Las cifras dan que pensar: más de 20 años después de la fundación de FSC y PEFC, sólo el 6% de la madera tropical comercializada en el mundo procede de fuentes sostenibles certificadas. Al mismo tiempo, entre el 25% y el 70% de la madera tropical procesada en los países productores procede de la sobreexplotación ilegal. Los datos han sido recopilados por la consultora Price Waterhouse Coopers (PWC) en un análisis de mercado encargado por la Coalición Europea para la Madera Tropical Sostenible (STTC).
Y sin embargo se mueve
Entonces, ¿son vanos todos los esfuerzos por dar un giro ecológico a la silvicultura tropical? No, concluyen los autores del estudio, porque ha habido movimientos recientes en el mercado. La Ley Lacey en EE.UU. y el Reglamento de la Unión Europea sobre la madera (EUTR) en Europa han endurecido la normativa de importación en el aspecto legal. Ahora es más difícil que la madera ilegal entre en el comercio europeo.
Sin embargo, aquí también hay una restricción: la gestión forestal sostenible no es una condición para el origen legal. Muchos países también confirman el origen legal de la madera si procede de talas y las antiguas zonas forestales se utilizan ahora para cultivar maíz forrajero o aceite de palma.
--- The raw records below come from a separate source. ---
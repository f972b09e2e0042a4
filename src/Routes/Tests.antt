-- ===== src/Routes/Tests.antt =====
-- A run of api/routers/classification.py without Redis, where an experiment chooses the version.
use ml_engineer_challenge_so.Prelude.{ℕ, true, [], ◌∷◌, none}
use ml_engineer_challenge_so.Prelude.Micro.{micro}
use ml_engineer_challenge_so.Config.{default_settings, free}
use ml_engineer_challenge_so.RateLimit.{absent, empty_key}
use ml_engineer_challenge_so.RateLimit.Tests.{list_set}
use ml_engineer_challenge_so.Experiments.Tests.{middle, canary}
use ml_engineer_challenge_so.Models.Tests.{test_host, two_versions}
use ml_engineer_challenge_so.Cache.Tests.{table}
use ml_engineer_challenge_so.Inference.Tests.{test_vision, services}
use ml_engineer_challenge_so.Routes.{Call, App, Deployment, classifier_name}

abbrev deployment : Deployment test_host micro
deployment = record {
  settings = default_settings;
  redis = absent;
  models = two_versions;
  experiments = (classifier_name, canary) ∷ [];
  hash = middle;
}

abbrev call : Call ℕ
call = record {
  principal = record { user_id = "user"; tier = free };
  correlation_id = "request";
  chunks = (1 ∷ []) ∷ (2 ∷ 3 ∷ []) ∷ [];
  top_k = 1;
  model_version = none;
  backend = none;
  include_probabilities = true;
  use_cache = true;
  elapsed_ms = 5;
  now = 1_000;
  member = "member";
}

abbrev app : App test_vision table list_set
app = record { limiter = λ key. empty_key list_set; services = services; inferences = [] }
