-- ===== src/Runtime/Cpus.antt =====
-- The thread count of `available_cpus`, api/services/runtime.py.
use ml_engineer_challenge_so.Prelude.{
  ℕ, min, max, ◌≤◌, ◌≡◌, arith, Option, none, some, ok, >>=-eq-ok,
}
use ml_engineer_challenge_so.Runtime.{Cgroup, available_cpus, cgroup_cpu_quota, within}

within-bounds :
    (affinity : ℕ) (c : Cgroup) (n : ℕ) (quota : Option ℕ)
    → cgroup_cpu_quota c ≡ ok quota
    → max 1 (within (max affinity 1) quota) ≡ n
    → (1 ≤ n) × (n ≤ max 1 affinity) × ((q : ℕ) → cgroup_cpu_quota c ≡ ok (some q) → n ≤ max 1 q)
within-bounds affinity c n none read e =
    let same : max 1 (max affinity 1) ≡ n = cc in (omega arith, omega arith, λ q h. absurd (cc))
within-bounds affinity c n (some q) read e =
    let same : max 1 (min (max affinity 1) q) ≡ n = cc in
    (omega arith, omega arith, λ r h. let eq : q ≡ r = cc in omega arith)

-- The processor count is at least one and at most the affinity, where that is not zero, and a
-- quota that was read bounds it too.
pub available_cpus-bounds :
    (affinity : ℕ) (c : Cgroup) (n : ℕ)
    → available_cpus affinity c ≡ ok n
    → (1 ≤ n) × (n ≤ max 1 affinity) × ((q : ℕ) → cgroup_cpu_quota c ≡ ok (some q) → n ≤ max 1 q)
unfolding available_cpus
available_cpus-bounds affinity c n h =
    let (quota, read, rest) = >>=-eq-ok (cgroup_cpu_quota c) _ h in
    within-bounds affinity c n quota read (cc)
Sólo el certificado FSC®, que impone exigencias ecológicas relativamente altas a la silvicultura y las serrerías, sigue ofreciendo una brújula fiable. El EUTR es sólo un primer paso, pero al menos va en la buena dirección.
Más certificación, ¿pero también más mercado?
Ya se observó un aumento significativo de las superficies forestales certificadas en el periodo previo a la nueva normativa más estricta:
Sin embargo, es el consumidor quien decide en última instancia hasta qué punto es sostenible esta evolución positiva. Porque la madera tropical certificada sólo tiene futuro si hay compradores que dan importancia al origen responsable de sus tablas de terraza.
Descargar el estudio de la STTC «Mainstreaming Sustainability in Tropical Timber» (en inglés) (PDF)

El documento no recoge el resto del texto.